That said, build systems and VCS aren't the only ways to optimize the process.
For example, a system using scripts processed at runtime lets you reduce the
amount of compiled code and iterate quickly on the one section by pressing a
"reload script" button, or, even more conveniently, monitoring the source file
and auto-reloading when changes are saved. If you're daring enough you could
probably even do this with machine-compiled languages by abusing dynamic
linking, though the ease of doing that would ultimately depend on the runtime
linker capabilities.

Doing this kind of data-driven thing will cost runtime performance since less
can be compiled and optimized statically, but if you treat it as the
"scaffolding" work that it is and also include ways to reclaim some of the
static factors for release builds, you can get a better overall result than
you would if you were just suffering through long builds.

------
samlittlewood
Whilst I hated clearcase as a version control system (and I mean 'fire and
stakes' hate, not just 'crossO the road') - it did have one good trick up its
sleeve:

Since the dynamic views into the source were implemented as a custom file
system, they could track all the file access that went into building each
object. They supplied a custom version of make that pulled that info. out to
construct complete dependency descriptions. If you had the toolchain in
clearcase as well, that would include all the compiler bins, libs and
includes.

Once that info was cached, and as they had code at filesystem level, it could
easily be invalidated as files were touched.

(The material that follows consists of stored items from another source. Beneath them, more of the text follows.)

-- ===== src/Task/Refines/Sends.antt =====
-- The signal senders, the signal waits and the small task syscalls as moves.
use mcr.Prelude.{ℕ, refl, Bool, inl, inr, not, ◌==◌, Option-cases, Bool-cases}
use mcr.Sys.Args.{
  linux_kernel_sigset_size, linux_robust_list_head_size, KillSyscallArgs, TkillSyscallArgs,
  TgkillSyscallArgs, SetRobustListSyscallArgs,
}
use mcr.Task.State.{GuestKernel, TaskState, waiting_for_signal_set, waiting_for_signal_suspend}
use mcr.Task.Error.{Result-cases}
use mcr.Task.Kernel.{process, task}
use mcr.Task.Mask.{validate_signal_or_probe}
use mcr.Task.Signal.{
  take_pending_signal_for_task, suspend_task, rt_sigtimedwait_current, rt_sigsuspend_current,
  queue_process_signal, queue_task_signal,
}
use mcr.Task.Kill.{
  positive, send, kill_current, tkill_current, tgkill_to, tgkill_current, set_tid_address_current,
  set_robust_list_current,
}
use mcr.Task.Moves.{Moves, done, Moves-trans, Moves-edit_task, Moves-set_state}
use mcr.Task.Refines.Signals.{
  queue_process_signal-Moves, queue_task_signal-Moves, take_pending_signal_for_task-Moves,
}

send-Moves :
    (signal : ℕ) (queue : GuestKernel → GuestKernel) (k : GuestKernel)
    → Moves k (queue k)
    → Moves k (send signal queue k).1
unfolding send
send-Moves signal queue k queued = elim (Result-cases (validate_signal_or_probe signal)) [
  | inr (x, e) ↦ rw (e, send) done
  | inl (x, e) ↦ elim (Bool-cases (signal == 0)) [
    | inl z ↦ rw (e, z, send) done
    | inr z ↦ rw (e, z, send) queued
  ]
]

pub kill-Moves : (args : KillSyscallArgs) (k : GuestKernel) → Moves k (kill_current args k).1
unfolding kill_current
kill-Moves args k = elim (Option-cases (positive args.pid)) [
  | inl e ↦ rw (e, kill_current) done
  | inr (pid, e) ↦ elim (Option-cases (process k pid)) [
    | inl p ↦ rw (e, p, kill_current) done
    | inr (x, p) ↦
        rw (e, p, kill_current)
          (send-Moves args.sig (queue_process_signal pid args.sig) k
            (queue_process_signal-Moves pid args.sig k))
  ]
]

pub tkill-Moves : (args : TkillSyscallArgs) (k : GuestKernel) → Moves k (tkill_current args k).1
unfolding tkill_current
tkill-Moves args k = elim (Option-cases (positive args.tid)) [
  | inl e ↦ rw (e, tkill_current) done
  | inr (tid, e) ↦ elim (Option-cases (task k tid)) [
    | inl p ↦ rw (e, p, tkill_current) done
    | inr (x, p) ↦
        rw (e, p, tkill_current)
          (send-Moves args.sig (queue_task_signal tid args.sig) k
            (queue_task_signal-Moves tid args.sig k))
  ]
]

tgkill_to-Moves : (pid tid signal : ℕ) (k : GuestKernel) → Moves k (tgkill_to pid tid signal k).1
unfolding tgkill_to
tgkill_to-Moves pid tid signal k = elim (Option-cases (task k tid)) [
  | inl e ↦ rw (e, tgkill_to) done
  | inr (t, e) ↦ elim (Bool-cases (not (t.pid == pid))) [
    | inl p ↦ rw (e, p, tgkill_to) done
    | inr p ↦
        rw (e, p, tgkill_to)
          (send-Moves signal (queue_task_signal tid signal) k
            (queue_task_signal-Moves tid signal k))
  ]
]

pub tgkill-Moves : (args : TgkillSyscallArgs) (k : GuestKernel) → Moves k (tgkill_current args k).1
unfolding tgkill_current
tgkill-Moves args k = elim (Option-cases (positive args.tgid)) [
  | inl e ↦ rw (e, tgkill_current) done
  | inr (pid, e) ↦ elim (Option-cases (positive args.tid)) [
    | inl f ↦ rw (e, f, tgkill_current) done
    | inr (tid, f) ↦ rw (e, f, tgkill_current) (tgkill_to-Moves pid tid args.sig k)
  ]
]

pub set_tid_address-Moves :
    (tid address : ℕ) (k : GuestKernel) → Moves k (set_tid_address_current tid address k).1
unfolding set_tid_address_current
set_tid_address-Moves tid address k = elim (Option-cases (task k tid)) [
  | inl e ↦ rw (e, set_tid_address_current) done
  | inr (t, e) ↦
      rw (e, set_tid_address_current)
        (Moves-edit_task done tid _
          (λ x _. record { tid = refl; pid = refl; state = refl; mask = λ h. h }))
]

pub set_robust_list-Moves :
    (tid : ℕ) (args : SetRobustListSyscallArgs) (k : GuestKernel)
    → Moves k (set_robust_list_current tid args k).1
unfolding set_robust_list_current
set_robust_list-Moves tid args k =
    elim (Bool-cases (not (args.len == linux_robust_list_head_size))) [
      | inl s ↦ rw (s, set_robust_list_current) done
      | inr s ↦ elim (Option-cases (task k tid)) [
        | inl e ↦ rw (s, e, set_robust_list_current) done
        | inr (t, e) ↦
            rw (s, e, set_robust_list_current)
              (Moves-edit_task done tid _
                (λ x _. record { tid = refl; pid = refl; state = refl; mask = λ h. h }))
      ]
    ]

suspend_task-Moves :
    (tid : ℕ) (state : TaskState) (k : GuestKernel) → Moves k (suspend_task tid state k)
unfolding suspend_task
suspend_task-Moves tid state k =
    Moves-set_state
      (Moves-edit_task done tid _
        (λ x _. record { tid = refl; pid = refl; state = refl; mask = λ h. h }))
      tid state

pub rt_sigtimedwait-Moves :
    (tid mask size : ℕ) (forever : Bool) (k : GuestKernel)
    → Moves k (rt_sigtimedwait_current tid mask size forever k).1
unfolding rt_sigtimedwait_current
rt_sigtimedwait-Moves tid mask size forever k =
    elim (Bool-cases (not (size == linux_kernel_sigset_size))) [
      | inl s ↦ rw (s, rt_sigtimedwait_current) done
      | inr s ↦ elim (Option-cases (task k tid)) [
        | inl e ↦ rw (s, e, rt_sigtimedwait_current) done
        | inr (t, e) ↦
            let taken = take_pending_signal_for_task-Moves tid t.pid mask k in
            elim (Option-cases (take_pending_signal_for_task tid t.pid mask k).0) [
              | inr (signal, f) ↦ rw (s, e, f, rt_sigtimedwait_current) taken
              | inl f ↦ elim (Bool-cases forever) [
                | inl w ↦
                    rw (s, e, f, w, rt_sigtimedwait_current)
                      (Moves-trans taken (
                        suspend_task-Moves tid (waiting_for_signal_set mask)
                          (take_pending_signal_for_task tid t.pid mask k).1))
                | inr w ↦ rw (s, e, f, w, rt_sigtimedwait_current) taken
              ]
            ]
      ]
    ]

pub rt_sigsuspend-Moves :
    (tid mask size : ℕ) (k : GuestKernel) → Moves k (rt_sigsuspend_current tid mask size k).1
unfolding rt_sigsuspend_current
rt_sigsuspend-Moves tid mask size k = elim (Bool-cases (not (size == linux_kernel_sigset_size))) [
  | inl s ↦ rw (s, rt_sigsuspend_current) done
  | inr s ↦ elim (Option-cases (task k tid)) [
    | inl e ↦ rw (s, e, rt_sigsuspend_current) done
    | inr (t, e) ↦
        let taken = take_pending_signal_for_task-Moves tid t.pid mask k in
        elim (Option-cases (take_pending_signal_for_task tid t.pid mask k).0) [
          | inr (signal, f) ↦
              rw (s, e, f, rt_sigsuspend_current)
                (Moves-edit_task taken tid _
                  (λ x _. record { tid = refl; pid = refl; state = refl; mask = λ h. h }))
          | inl f ↦
              rw (s, e, f, rt_sigsuspend_current)
                (Moves-trans taken (
                  suspend_task-Moves tid (waiting_for_signal_suspend mask)
                    (take_pending_signal_for_task tid t.pid mask k).1))
        ]
  ]
]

Another product of this mechanism was that if you tried to build something
that someone else had already (all the same inputs), it would just grab it
over the network. In practice this meant that the nightly build would cache
the bulk of the object files.

------
ajross
FWIW: I'm not sure I buy that 21 minute Mozilla build, unless he was working
on a cold disk, or unless the build is doing a bunch of stuff with broken
dependencies. If the build was just done, the file metadata is in the page
cache, and you can read a _staggering_ number of dents in 21 minutes.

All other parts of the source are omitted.